# PedalPCB Terrarium



## fig (Mar 4, 2022)

This has been a really fun pedal, both to build and to tinker with. The STLink V3Mini just got here yesterday, so I've got to figger' that one out. Software-wise, from my experiences the platform was a bit less hassle to get up and running than the FV-1. I've loaded and run several user patches and demo scripts, and even nudged a few settings around. Fun stuff!

The left-lower knob was not seated as low as the others in the picture, so it appears misaligned.


----------



## Feral Feline (Mar 5, 2022)

Every playah crazy ‘bout a sharp-dressed Terrarium…

👍🏽👍🏽


----------



## GizzWizzKing (Mar 8, 2022)

I love the pop of red from your pot covers. It's the little things..


----------



## pcb rookie (Mar 8, 2022)

fig said:


> This has been a really fun pedal, both to build and to tinker with. The STLink V3Mini just got here yesterday, so I've got to figger' that one out.
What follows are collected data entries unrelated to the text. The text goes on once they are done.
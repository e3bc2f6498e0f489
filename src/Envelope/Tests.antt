-- ===== src/Envelope/Tests.antt =====
-- Replies of Kraken and Bybit, unwrapped.
use exchange_apiws.Prelude.{◌≡◌, refl, inl, inr, none}
use exchange_apiws.Prelude.Text.{text}
use exchange_apiws.Prelude.Values.{
  Value, str, obj, arr, num, null, end, field, nil, cons, value_json,
}
use exchange_apiws.Error.{api}
use exchange_apiws.Http.Retry.{Response, accept}
use exchange_apiws.Clients.{read_response}
use exchange_apiws.Envelope.Refusals.{IsFinal, read_response-IsFinal}
use exchange_apiws.Envelope.{unwrap_kraken_envelope, unwrap_bybit_envelope, unwrap_coded}

abbrev refused : Value
refused = obj (
    field (text "error") (arr (cons (str (text "EGeneral:x")) (cons (str (text "EAPI:y")) nil)))
      end)

kraken_refused :
    unwrap_kraken_envelope {A = Value} null inr refused
    ≡ inl (api (text "kraken_error") (text "EGeneral:x; EAPI:y"))
unfolding unwrap_kraken_envelope
kraken_refused = refl

bybit_without_code :
    unwrap_bybit_envelope {A = Value} null inr refused ≡ inl (api (text "-1") (text "no message"))
unfolding unwrap_bybit_envelope unwrap_coded
bybit_without_code = refl

bybit_answered :
    unwrap_bybit_envelope {A = Value} null inr
      (obj (field (text "retCode") (num 0) (field (text "result") (num 7) end)))
    ≡ inr (num 7)
unfolding unwrap_bybit_envelope unwrap_coded
bybit_answered = refl

abbrev answer : Response
answer = record { status = 200; retry_after = none; body = none }

read_response-IsFinal_example : IsFinal (api (text "kraken_error") (text "EGeneral:x; EAPI:y"))
unfolding unwrap_kraken_envelope read_response accept
read_response-IsFinal_example =
    read_response-IsFinal {A = Value} null inr (λ r. inr refused) answer refused
      (api (text "kraken_error") (text "EGeneral:x; EAPI:y")) refl refl refl
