-- ===== src/Error/Triage.antt =====
-- What the triage of src/error.rs promises a caller.
use exchange_apiws.Prelude.{Bool, true, false, not, ◌||◌, Option, some, ◌≡◌, ◌≢◌, arith, ◌↔◌}
use exchange_apiws.Prelude.Text.{Text}
use exchange_apiws.Error.{
  ExchangeError, http, web_socket, json, auth, config, order, insufficient_data, other, api,
  ws_disconnected, retriable, ambiguous, is_rate_limited, is_clock_skew, is_auth, is_retriable,
  is_duplicate_client_oid, classify, classify_submit,
}

-- An error of the transport, after which nobody knows whether the request arrived.
abbrev pub is_transport : ExchangeError → Bool
is_transport (http e) = true
is_transport _ = false

-- The triage of an order is ambiguous, with the order's own id, exactly when the transport failed
-- or the exchange says that the id is known; so it calls neither of the two safe to retry, and what
-- it does call safe the triage of a query calls safe too.
pub classify_submit-ambiguous :
    (e : ExchangeError) (oid : Text)
    → ((is_transport e || is_duplicate_client_oid e) ≡ true
        ↔ (classify_submit e oid ≡ ambiguous (some oid)))
      × (classify_submit e oid ≡ retriable
          ↔ ((is_transport e || is_duplicate_client_oid e) ≡ false) × (is_retriable e ≡ true))
unfolding classify_submit classify is_duplicate_client_oid
classify_submit-ambiguous e oid = ground arith

-- A request that was rate-limited, or whose timestamp was refused, may be sent again; a refused
-- timestamp counts as an authentication error too; and the triage of a query is never ambiguous.
pub classify-agrees :
    (e : ExchangeError) (oid : Option Text)
    → (is_rate_limited e || is_clock_skew e) ≡ true
    → (classify e ≡ retriable)
      × ((not (is_clock_skew e) || is_auth e) ≡ true)
      × (classify e ≢ ambiguous oid)
unfolding classify is_retriable is_auth
classify-agrees (api code message) oid h = ground arith
classify-agrees (http e) oid h = cc
classify-agrees (web_socket e) oid h = cc
classify-agrees (json e) oid h = cc
classify-agrees (auth e) oid h = cc
classify-agrees (config e) oid h = cc
classify-agrees (order e) oid h = cc
classify-agrees (insufficient_data e) oid h = cc
classify-agrees (other e) oid h = cc
classify-agrees (ws_disconnected url n) oid h = cc
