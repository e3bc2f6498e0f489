-- ===== src/Error/Tests.antt =====
-- Errors of src/error.rs, and the theorems about their triage at them.
use exchange_apiws.Prelude.{true, false, ◌||◌, some, ◌≡◌, refl, ◌↔◌}
use exchange_apiws.Prelude.Text.{text}
use exchange_apiws.Error.{
  ExchangeError, api, retriable, ambiguous, is_retriable, is_duplicate_client_oid, classify,
  classify_submit,
}
use exchange_apiws.Error.Triage.{is_transport, classify_submit-ambiguous}

abbrev duplicate : ExchangeError
duplicate = api (text "400100") (text "Duplicate clientOid")

abbrev skewed : ExchangeError
skewed = api (text "400002") (text "bad timestamp")

gateway : classify (api (text "599") (text "odd")) ≡ retriable
unfolding classify
gateway = refl

classify_submit-ambiguous_example :
    ((is_transport duplicate || is_duplicate_client_oid duplicate) ≡ true
      ↔ (classify_submit duplicate (text "a1") ≡ ambiguous (some (text "a1"))))
    × (classify_submit duplicate (text "a1") ≡ retriable
        ↔ ((is_transport duplicate || is_duplicate_client_oid duplicate) ≡ false)
          × (is_retriable duplicate ≡ true))
classify_submit-ambiguous_example = classify_submit-ambiguous duplicate (text "a1")
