-- ===== src/Http/Tests.antt =====
-- Queries and retried requests of src/http.rs and src/client.rs, and the theorems about them.
use mathlib.Core.Option
use exchange_apiws.Prelude.{
  ℕ, ◌≤◌, true, none, some, List, [], ◌∷◌, ◌++◌, ◌≡◌, ◌≢◌, refl, ◌⊎◌, inr, All, arith, length,
}
use exchange_apiws.Prelude.Text.{Text, text, same}
use exchange_apiws.Http.{build_query_string}
use exchange_apiws.Http.Retry.{
  Response, Reply, received, unreachable, pending, send_with_retry, get, Envelope, refusal,
  execute_with_retries,
}
use exchange_apiws.Http.Retry.Returns.{
  IsTransient, send_with_retry-returns, send_with_retry-first, execute_with_retries-ok,
}

code : Unit {0}
unfolding build_query_string send_with_retry get execute_with_retries
code = tt

encoded : build_query_string ((text "a b", text "1&2") ∷ []) ≡ text "?a%20b=1%262"
unfolding code
encoded = refl

abbrev response : ℕ → Response
response status = record { status = status; retry_after = some 1; body = some (text "x") }

abbrev limited : Reply
limited = received (response 429)

abbrev label : Text
label = text "Bybit POST"

abbrev replies : List Reply
replies = unreachable (text "reset") ∷ limited ∷ received (response 200) ∷ []

send_with_retry-first_example :
    ((response 200).status ≢ 429)
    × ((before : List Reply) × (after : List Reply) × (replies
          ≡ before ++ received (response 200) ∷ after)
        × All IsTransient before
        × (length before ≡ length (send_with_retry label replies).0))
unfolding code
send_with_retry-first_example = send_with_retry-first label replies (response 200) refl

abbrev stuck : List Reply
stuck =
    limited
    ∷ unreachable (text "reset")
    ∷ limited
    ∷ limited
    ∷ limited
    ∷ limited
    ∷ unreachable (text "reset")
    ∷ unreachable (text "dns")
    ∷ []

send_with_retry-returns_example :
    ((send_with_retry label stuck).1 ≢ pending) × (length (send_with_retry label stuck).0 ≤ 7)
send_with_retry-returns_example = send_with_retry-returns label stuck (omega arith)

abbrev decode : Response → Text ⊎ ℕ
decode r = inr r.status

abbrev envelope : Response → Text ⊎ Envelope ℕ
envelope r = inr (record { code = some (text "200000"); msg = none; payload = some r.status })

abbrev from_value : ℕ → Text ⊎ ℕ
from_value n = inr n

execute_with_retries-ok_example :
    (before : List Reply) × (r : Response) × (after : List Reply) × (raw : Envelope ℕ) × (replies
      ≡ before ++ received r ∷ after)
    × (r.status ≢ 429)
    × (envelope r ≡ inr raw)
    × (same (Option.get_or raw.code (text "unknown")) (text "200000") ≡ true)
    × (from_value (Option.get_or raw.payload 0) ≡ inr 200)
unfolding code refusal
execute_with_retries-ok_example =
    execute_with_retries-ok 0 envelope from_value (text "GET") (text "/t") 3 replies 200
      (omega arith) refl refl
Software-wise, from my experiences the platform was a bit less hassle to get up and running than the FV-1. I've loaded and run several user patches and demo scripts, and even nudged a few settings around. Fun stuff!
> 
> The left-lower knob was not seated as low as the others in the picture, so it appears misaligned.


Where do you get these amazing red pot protectors?


----------



## fig (Mar 8, 2022)

There's a vinyl cap place that sells more colors...but I get mine from Barry.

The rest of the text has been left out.